Build 2d pyramidal array - Python / NumPy
Approach #1
We can use broadcasting -
def pyramid(n):
r = np.arange(n)
d = np.minimum(r,r[::-1])
return np.minimum.outer(d,d)
Approach #2
We can also use concatenation to create d, like so -
d = np.r_[np.arange(n//2),np.arange(n//2-(n%2==0),-1,-1)]

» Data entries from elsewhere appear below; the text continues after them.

-- ===== src/Replies/Silly.antt =====
-- nfs3/allunix.go: Rename of a file that a client has open to a ".nfs" name.
use gonfs.Common.{
  ℕ, ◌≡◌, ◌≢◌, refl, sym, ap, ◌∙◌, subst, true, Text, none, some, ==_false, has_prefix,
  if◌then◌else◌, arith, text_eq,
}
use gonfs.Os.{Os, Errno, FileInfo, StatT, Result, ok, lstat}
use gonfs.Types.Status.{is_ok}
use gonfs.Types.Attr.{Fattr3, PreOpAttr, PostOpAttr, zero_fattr}
use gonfs.Types.Reply.{RenameRes}
use gonfs.Prog
use gonfs.Prog.{Prog, ret, ◌>>=◌, ◌>>◌, attempt}
use gonfs.Prog.Run.{Handles, put, remove, done, Server, run}
use gonfs.Prog.Ends.{
  Ends, After, Answers, Answering, Ended, Post, Ends-run, Ends-bind, Ends-ret, Ends-found, Ends-if,
  Ends-set, Ends-exit, Ends-weaken, ends_rules,
}
use gonfs.Backend.Base
use gonfs.Backend.Base.{
  Backend, make_fhandle, join, get_file_attr_from_path, stat_path, post_attr, fill_attr, set_stat,
}
use gonfs.Backend.Rename
use gonfs.Backend.Rename.{Renaming, silly_prefix, reset_silly}
use gonfs.Backend.Ends.{Ends-stat_path, Ends-post_attr}
use gonfs.Backend.Errors.{get_rename_err}
use gonfs.Replies.Errors.{get_rename_err-fails}
use gonfs.Replies.Named.{When, failed, taken}

-- Lstat of a path gives a file with these numbers.
abbrev pub Stats : Text → FileInfo → StatT → Answers
Stats path fi st (lstat p) r = p ≡ path → r ≡ ok (record fi { stat = some st })
Stats path fi st c r = Unit

module _ (path : Text) (fi : FileInfo) (st : StatT) where
  Ends-stated :
      {A : Type 0} {Q : Post A} {m : Handles} (a : Fattr3) (failed : Errno → Fattr3 → Prog A)
      (next : Fattr3 → Prog A)
      → Ends (Stats path fi st) (Unit {0}) Q (next (fill_attr (record fi { stat = some st }) a).1) m
      → Ends (Stats path fi st) (Unit {0}) Q (stat_path path a failed next) m
  unfolding stat_path get_file_attr_from_path attempt After fill_attr
  Ends-stated {A} {Q} {m} a failed next h =
      Ends-bind _ _ (record { after = λ r e. subst Done (sym (e refl)) h })
    where
      Done : Result FileInfo → Type 0
      Done r =
          After (Stats path fi st) (Unit {0})
            (λ x n. Ends (Stats path fi st) (Unit {0}) Q (Base.on_stat failed next x) n)
            (Prog.on_result (λ e. do n ← Prog.errno_of e; ret (some n, a))
              (λ f. ret (fill_attr f a)) r)
            m

put-at : (m : Handles) (k : ℕ) (p : Text) → put m k p k ≡ some p
put-at m k p = ground arith

remove-other : (m : Handles) (h k : ℕ) → k ≢ h → remove m h k ≡ m k
remove-other m h k ne = ap (λ b. if b then none else m k) (==_false h k (λ e. ne (sym e)))

module _ (be : Backend) (from_dir from_name to_dir to_name : Text) (fi : FileInfo) (st : StatT)
    (from_h to_h : ℕ) where
  abbrev from : Text
  from = join from_dir from_name

  abbrev to : Text
  to = join to_dir to_name

  -- The handle that the file was given under its old name.
  abbrev pub old_handle : ℕ
  old_handle = make_fhandle be from st.ino st.dev

  module _ (silly : has_prefix to_name silly_prefix ≡ true) (not_from : old_handle ≢ from_h)
      (not_to : old_handle ≢ to_h) where
    abbrev E : Answers
    E = Stats to fi st

    reset-Ends :
        (a : Fattr3) (m : Handles)
        → m old_handle ≡ some from
        → Ends E (Unit {0}) (λ u n. n old_handle ≡ some to) (reset_silly be to_name from to a) m
    unfolding reset_silly fill_attr set_stat
    reset-Ends a m at = rw silly (
        Ends-stated to fi st a _ _ (
          Ends-found old_handle _ _ from at (
            Ends-if (text_eq from from) _ _ (λ t. Ends-set old_handle to (put-at m old_handle to))
              (λ t. Ends-exit))))

    -- Where the reply is a success the handle stands for the new name.
    abbrev pub Q : Post RenameRes
    Q r n = When (is_ok r.status) (n old_handle ≡ some to)

    rename_refused : (e : Errno) (P : Type 0) → When (is_ok (get_rename_err e)) P
    rename_refused e P = failed _ P (get_rename_err-fails e)

    -- The post attributes drop no handle but those of the directories.
    after-Ends :
        (n : Handles) (f : PostOpAttr → PostOpAttr → RenameRes)
        → ((a b : PostOpAttr) (k : Handles) → k old_handle ≡ some to → Q (f a b) k)
        → n old_handle ≡ some to
        → Ends E
            (Unit {0})
            Q
            (do a ← post_attr from_h from_dir; b ← post_attr to_h to_dir; ret (f a b))
            n
    after-Ends n f good at = Ends-bind _ _ (
        Ends-post_attr from_h from_dir (λ a. second a n at)
          (λ a. second a (remove n from_h) (remove-other n from_h old_handle not_from ∙ at)))
      where
        second :
            (a : PostOpAttr) (k : Handles)
            → k old_handle ≡ some to
            → Ends E (Unit {0}) Q (do b ← post_attr to_h to_dir; ret (f a b)) k
        second a k there = Ends-bind _ _ (
            Ends-post_attr to_h to_dir (λ b. Ends-ret _ (good a b k there))
              (λ b.
                Ends-ret _
                  (good a b (remove k to_h) (remove-other k to_h old_handle not_to ∙ there))))

    abbrev renaming : Renaming
    renaming = record {
      from_h = from_h;
      from_dir = from_dir;
      from_name = from_name;
      to_h = to_h;
      to_dir = to_dir;
      to_name = to_name;
    }

    done-Ends :
        (from_pre to_pre : PreOpAttr) (fattr : Fattr3) (m : Handles)
        → m old_handle ≡ some from
        → Ends E (Unit {0}) Q (Rename.rename_done be renaming from_pre to_pre fattr) m
    unfolding Rename.rename_done
    done-Ends from_pre to_pre fattr m at = Ends-bind _ _ (
        Ends-weaken (λ u n. n old_handle ≡ some to) (λ u n k. after-Ends n _ (λ a b x y. y) k)
          (reset-Ends fattr m at))

    within-Ends :
        (fattr to_fattr : Fattr3) (m : Handles)
        → m old_handle ≡ some from
        → Ends E (Unit {0}) Q (Rename.rename_within be renaming fattr to_fattr) m
    unfolding Rename.rename_within Rename.rename_failed
    within-Ends fattr to_fattr m at =
        search (ends_rules, Ends-post_attr, done-Ends, rename_refused) depth 24

    rename-Ends :
        (m : Handles)
        → m from_h ≡ some from_dir
        → m to_h ≡ some to_dir
        → m old_handle ≡ some from
        → Ends E (Unit {0}) Q (Rename.rename be from_h from_name to_h to_name) m
    unfolding Rename.rename Rename.to_dir_only Rename.from_dir_only
    rename-Ends m held_from held_to at = Ends-found from_h _ _ from_dir held_from (
        Ends-stat_path from_dir zero_fattr _ _ (λ e a. search (ends_rules, Ends-stat_path) depth 16)
          (λ fattr.
            Ends-found to_h _ _ to_dir held_to
              (search (ends_rules, Ends-stat_path, Ends-post_attr, within-Ends) depth 16)))

    -- A client that has a file open renames it to a ".nfs" name, and the file's numbers stay what
    -- they were: after a success the handle that it has for the old name stands for the new one. The
    -- handle is not that of a directory of the request.
    pub rename-silly :
        (os : Os) (s t : Server os) (r : RenameRes)
        → Answering os (Stats to fi st) (Unit {0}) Q
        → s.handles from_h ≡ some from_dir
        → s.handles to_h ≡ some to_dir
        → s.handles old_handle ≡ some from
        → run os (Rename.rename be from_h from_name to_h to_name) s ≡ (done r, t)
        → is_ok r.status ≡ true
        → t.handles old_handle ≡ some to
    rename-silly os s t r answering held_from held_to at e o = taken _ _ o (
        subst (Ended (Unit {0}) Q) e
          (Ends-run os E (Unit {0}) Q answering _ s (rename-Ends s.handles held_from held_to at)))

Thus, giving us an alternative one-liner -
np.minimum.outer(*(2*[np.r_[np.arange(n//2),np.arange(n//2-(n%2==0),-1,-1)]]))
Sample runs -
In [83]: pyramid(5)
Out[83]:
array([[0, 0, 0, 0, 0],
[0, 1, 1, 1, 0],
[0, 1, 2, 1, 0],
[0, 1, 1, 1, 0],
[0, 0, 0, 0, 0]])
In [84]: pyramid(6)
Out[84]:
array([[0, 0, 0, 0, 0, 0],
[0, 1, 1, 1, 1, 0],
[0, 1, 2, 2, 1, 0],
[0, 1, 2, 2, 1, 0],
[0, 1, 1, 1, 1, 0],
[0, 0, 0, 0, 0, 0]])
In [85]: pyramid(8)
Out[85]:
array([[0, 0, 0, 0, 0, 0, 0, 0],
[0, 1, 1, 1, 1, 1, 1, 0],
[0, 1, 2, 2, 2, 2, 1, 0],
[0, 1, 2, 3, 3, 2, 1, 0],
[0, 1, 2, 3, 3, 2, 1, 0],
[0, 1, 2, 2, 2, 2, 1, 0],
[0, 1, 1, 1, 1, 1, 1, 0],
[0, 0, 0, 0, 0, 0, 0, 0]])
Use numpy.pad:
import numpy as np
def pyramid(n):
if n % 2:
arr = np.zeros((1,1))
N = int((n-1)/2)
else:
arr = np.zeros((2,2))
N = int(n/2)-1
for i in range(N):
arr += 1
arr = np.pad(arr, 1, mode='constant')
return arr
Output:
pyramid(6)
array([[0., 0., 0., 0., 0., 0.],
[0., 1., 1., 1., 1., 0.],
[0., 1., 2., 2., 1., 0.],
[0., 1., 2., 2., 1., 0.],
[0., 1., 1., 1., 1., 0.],
[0., 0., 0., 0., 0., 0.]])
pyramid(5)
array([[0., 0., 0., 0., 0.],
[0., 1., 1., 1., 0.],
[0., 1., 2., 1., 0.],
[0., 1., 1., 1., 0.],
[0., 0., 0., 0., 0.]])
numpy.pad(arr, 1, 'constant') returns arr wrapped with 1 layer of zeros.